The team counted and aggregated the institutions in commuting zones, Colston said. The team altered their definition of an education desert because they are looking at broader access institutions Colston said.
“We’re interested in these institutions that are serving their community by having a greater than 80% admission rate,” Colston said.
Colston said such broad access institutions better serve their communities due to their increased accessibility. A county is deemed an education desert when an area offers less than two broad access institutions, according to the Wisconsin State Journal.
Though Colston said the widespread effects of education deserts are still not completely certain, it is evident when communities lack a broad access institution, the ability to obtain a post-secondary education diminishes.
“On average people aren’t traveling too far, so the impact of these education deserts is that these areas … don’t necessarily have the ability of these institutions the way other commuting zones do,” Colston said.
The impact is a disproportionate availability of this resource due to its lack of availability to certain areas, Colston said.
The notion of the education desert is not unique to Wisconsin, Colston said.
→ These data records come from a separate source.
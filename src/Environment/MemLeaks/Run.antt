-- ===== src/Environment/MemLeaks/Run.antt =====
-- What `main` of mem_leaks.c prints, and what is still allocated when it returns.
use mathlib.Core.Path.{subst}
use mathlib.Core.List.{append_assoc, append-nil}
use csel_workspace.Prelude.{
  ℕ, zero, suc, ◌+◌, ◌-◌, ◌/◌, ◌≤◌, ◌<◌, ◌≡◌, refl, sym, ap, ◌∙◌, false, some, List, [], ◌∷◌, ◌++◌,
  length, length-append, length-drop, drop, arith,
}
use csel_workspace.Environment.MemLeaks.{Heap, State, allocs, deallocs, initial, main, visit}
use csel_workspace.Environment.MemLeaks.Chain.{Elements, head_of, has, Cells}
use csel_workspace.Environment.MemLeaks.Queue.{
  Holds, Counted, alloc-Holds, dealloc-Holds, dealloc-empty,
}

-- The elements that the calls of `alloc` after the first `n` make.
abbrev pub numbered : ℕ → List ℕ → Elements
numbered n [] = []
numbered n (ele ∷ eles) = (ele, n / 2) ∷ numbered (n + 1) eles

-- What `malloc` does: each address that it brings is not NULL and not in use.
abbrev pub Unused : ℕ → Elements → List ℕ → Type 0
Unused n es [] = Unit
Unused n es (ele ∷ eles) =
    (0 < ele) × (has ele es ≡ false) × Unused (n + 1) (es ++ ((ele, n / 2) ∷ [])) eles

allocs-Holds :
    (fuel n : ℕ) (s : State) (es : Elements) (eles : List ℕ)
    → length es + length eles ≤ fuel
    → Unused n es eles
    → Counted n s
    → Holds s es
    → (s' : State) × (allocs fuel eles s ≡ some s') × Holds s' (es ++ numbered n eles)
unfolding allocs
allocs-Holds fuel n s es [] l u t h = (s, refl, subst (Holds s) (sym (append-nil es)) h)
allocs-Holds fuel n s es (ele ∷ eles) l (p, new, u) t h =
    let (s1, e1, h1, t1) = alloc-Holds fuel n s es ele (omega (arith, l)) p new t h in
    let (s2, e2, h2) =
      allocs-Holds fuel (n + 1) s1 (es ++ ((ele, n / 2) ∷ [])) eles
        (omega (arith, l, length-append es ((ele, n / 2) ∷ []))) u t1 h1 in
    (s2, ground (arith, e1, e2), subst (Holds s2) (append_assoc es _ _) h2)

deallocs-Holds :
    (k : ℕ) (s : State) (es : Elements)
    → Holds s es
    → (s' : State) × (deallocs k s ≡ some s') × Holds s' (drop k es)
unfolding deallocs
deallocs-Holds zero s es h = (s, refl, h)
deallocs-Holds (suc k) s [] h =
    let (s', e, h') = deallocs-Holds k s [] h in
    (s', ground (arith, dealloc-empty s h, e), subst (Holds s') (drop-nil k) h')
  where
    drop-nil : (k : ℕ) → drop {A = ℕ × ℕ} k [] ≡ []
    drop-nil zero = refl
    drop-nil (suc k) = refl
deallocs-Holds (suc k) s ((a, v) ∷ es) h =
    let (s1, e1, h1) = dealloc-Holds s a v es h in
    let (s2, e2, h2) = deallocs-Holds k s1 es h1 in (s2, ground (arith, e1, e2), h2)

length-numbered : (n : ℕ) (eles : List ℕ) → length (numbered n eles) ≡ length eles
length-numbered n [] = refl
length-numbered n (ele ∷ eles) = ap suc (length-numbered (n + 1) eles)

-- The attributes of elements.
abbrev pub attrs_of : Elements → List ℕ
attrs_of [] = []
attrs_of ((a, v) ∷ es) = v ∷ attrs_of es

visit_lem :
    (fuel : ℕ) (h : Heap) (es : Elements)
    → length es ≤ fuel
    → Cells h es
    → visit fuel h (head_of es) ≡ some (attrs_of es)
unfolding visit
visit_lem zero h [] l c = refl
visit_lem zero h ((a, v) ∷ es) l c = absurd (omega (arith, l))
visit_lem (suc fuel) h [] l c = refl
visit_lem (suc fuel) h ((a, v) ∷ es) l c =
    ground (arith, c.0, c.1, visit_lem fuel h es (omega (arith, l)) c.3)

-- When `malloc` brings addresses that are not NULL and not in use, and the fuel is the number of
-- allocations at least: `main` makes no fault and ends. It prints the attributes 0, 0, 1, 1, 2, 2 and
-- so on, one for each allocation. What is still allocated at its end is the list without its first
-- `k` elements, in the order of allocation, linked from the root, and nothing else; these are as many
-- elements as there were more allocations than releases.
pub main-Holds :
    (fuel : ℕ) (eles : List ℕ) (k : ℕ)
    → length eles ≤ fuel
    → Unused 0 [] eles
    → (s : State) × (main fuel eles k ≡ some (attrs_of (numbered 0 eles), s))
      × Holds s (drop k (numbered 0 eles))
      × (length (drop k (numbered 0 eles)) ≡ length eles - k)
unfolding main
main-Holds fuel eles k l u =
    let start : Holds initial [] = record { at_root = refl; linked = tt; only = λ b m. refl } in
    let count : Counted 0 initial = record { turn = refl; first = refl; second = refl } in
    let (s1, e1, h1) = allocs-Holds fuel 0 initial [] eles (omega (arith, l)) u count start in
    let seen : visit fuel s1.heap s1.root ≡ some (attrs_of (numbered 0 eles)) =
      ap (visit fuel s1.heap) h1.at_root
      ∙ visit_lem fuel s1.heap (numbered 0 eles) (omega (arith, l, length-numbered 0 eles))
          h1.linked in
    let (s2, e2, h2) = deallocs-Holds k s1 (numbered 0 eles) h1 in
    (
      s2,
      rw (main, e1, seen, e2) refl,
      h2,
      omega (arith, length-drop k (numbered 0 eles), length-numbered 0 eles),
    )
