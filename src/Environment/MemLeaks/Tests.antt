-- ===== src/Environment/MemLeaks/Tests.antt =====
-- A run of mem_leaks.c, and an example of its theorem.
use csel_workspace.Prelude.{
  ◌≡◌, refl, Option, none, some, List, [], ◌∷◌, ◌++◌, length, drop, arith, ℕ,
}
use csel_workspace.Environment.MemLeaks.{
  visit, walk, link, attach, State, new_element, alloc1, alloc2, alloc, dealloc, allocs, deallocs,
  main,
}
use csel_workspace.Environment.MemLeaks.Queue.{Holds}
use csel_workspace.Environment.MemLeaks.Run.{numbered, main-Holds}

-- The attributes that are on the heap at three addresses, and the root.
abbrev summary : Option (List ℕ × State) → List ℕ
summary none = []
summary (some (attrs, s)) = attrs ++ s.root ∷ attr 10 ++ attr 20 ++ attr 30
  where
    attr : ℕ → List ℕ
    attr a = elim (s.heap a) [ none ↦ [] | some cell ↦ cell.attr ∷ cell.next ∷ [] ]

test_main : summary (main 3 (10 ∷ 20 ∷ 30 ∷ []) 1) ≡ 0 ∷ 0 ∷ 1 ∷ 20 ∷ 0 ∷ 30 ∷ 1 ∷ 0 ∷ []
unfolding main allocs deallocs alloc alloc1 alloc2 new_element attach link walk dealloc visit
test_main = refl

main-Holds_example :
    (s : State) × (main 3 (10 ∷ 20 ∷ 30 ∷ []) 1 ≡ some (0 ∷ 0 ∷ 1 ∷ [], s))
    × Holds s (drop 1 (numbered 0 (10 ∷ 20 ∷ 30 ∷ [])))
    × (length (drop 1 (numbered 0 (10 ∷ 20 ∷ 30 ∷ []))) ≡ 2)
main-Holds_example =
    main-Holds 3 (10 ∷ 20 ∷ 30 ∷ []) 1 (omega (arith))
      (omega (arith), refl, (omega (arith), refl, (omega (arith), refl, tt)))
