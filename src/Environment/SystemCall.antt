-- ===== src/Environment/SystemCall.antt =====
-- src/01_environment/system_calls/syscall.c: the program that prints the temperature of the board.
pub mod Degrees
pub mod Tests
use csel_workspace.Prelude.{
  ℕ, suc, ◌-◌, ◌/◌, ◌%◌, Bool, Option, none, some, List, [], ◌∷◌, ◌++◌, length, take, replicate,
  ltb, if◌then◌else◌,
}
use csel_workspace.Prelude.Int.{ℤ, pos, negsuc, minus}
use csel_workspace.Prelude.Text.{codes}
use csel_workspace.Prelude.Machine.{to_int}
use csel_workspace.Prelude.Decimal.{print_nat, print_int, atoi}

-- C's `/` and `%` on `int`: both round towards 0, and the remainder has the dividend's sign.
unfoldable pub quot : ℤ → ℕ → ℤ
quot (pos n) k = pos (n / k)
quot (negsuc n) k = minus (suc n / k)

unfoldable pub rem : ℤ → ℕ → ℤ
rem (pos n) k = pos (n % k)
rem (negsuc n) k = minus (suc n % k)

-- `%02d`: one digit alone gets a 0 in front; a sign takes the place of the 0.
unfoldable pub print_two : ℤ → List ℕ
print_two z = if ltb (length (print_int z)) 2 then b'0' ∷ print_int z else print_int z

-- The temperature after the read: `opened` tells whether `open` succeeds;
-- `bytes` is what `read` returns, none for an error. `val` has 50 bytes, and `past` lies behind it.
unfoldable pub temperature : Bool → Option (List ℕ) → List ℕ → ℤ
temperature opened none past = pos 99000
temperature opened (some []) past = pos 99000
temperature opened (some (b ∷ bs)) past =
    if opened
    then to_int (atoi (take 50 (b ∷ bs) ++ (replicate (50 - length (b ∷ bs)) 0 ++ past)))
    else pos 99000

abbrev pub label : List ℕ
label = codes "current temperature: "

abbrev pub unit_text : List ℕ
unit_text = codes " degree Celcius\n"

-- What `printf` writes for `temp`.
unfoldable pub line : ℤ → List ℕ
line temp =
    label
    ++ (print_int (quot temp 1000) ++ (b'.' ∷ print_two (rem (quot temp 10) 100) ++ unit_text))

unfoldable pub main : Bool → Option (List ℕ) → List ℕ → List ℕ
main opened bytes past = line (temperature opened bytes past)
Yet, Wisconsin is a good place to study such effects due to its robust rural population, Colston said.
Based on the researchers’ definition of an education desert, Colston said possible UW branch school closings would not create education deserts in Wisconsin. Nevertheless, the loss of such schools would still impact those who live in such areas.
“If one of these branch campuses — which is the only institution in the entire county — closes, the people in that county can travel two counties over as long as they stay in the same commuting zones,” Colston said.
Though, this creates an “undue hardship” for people other communicating zones do not have, Colston said.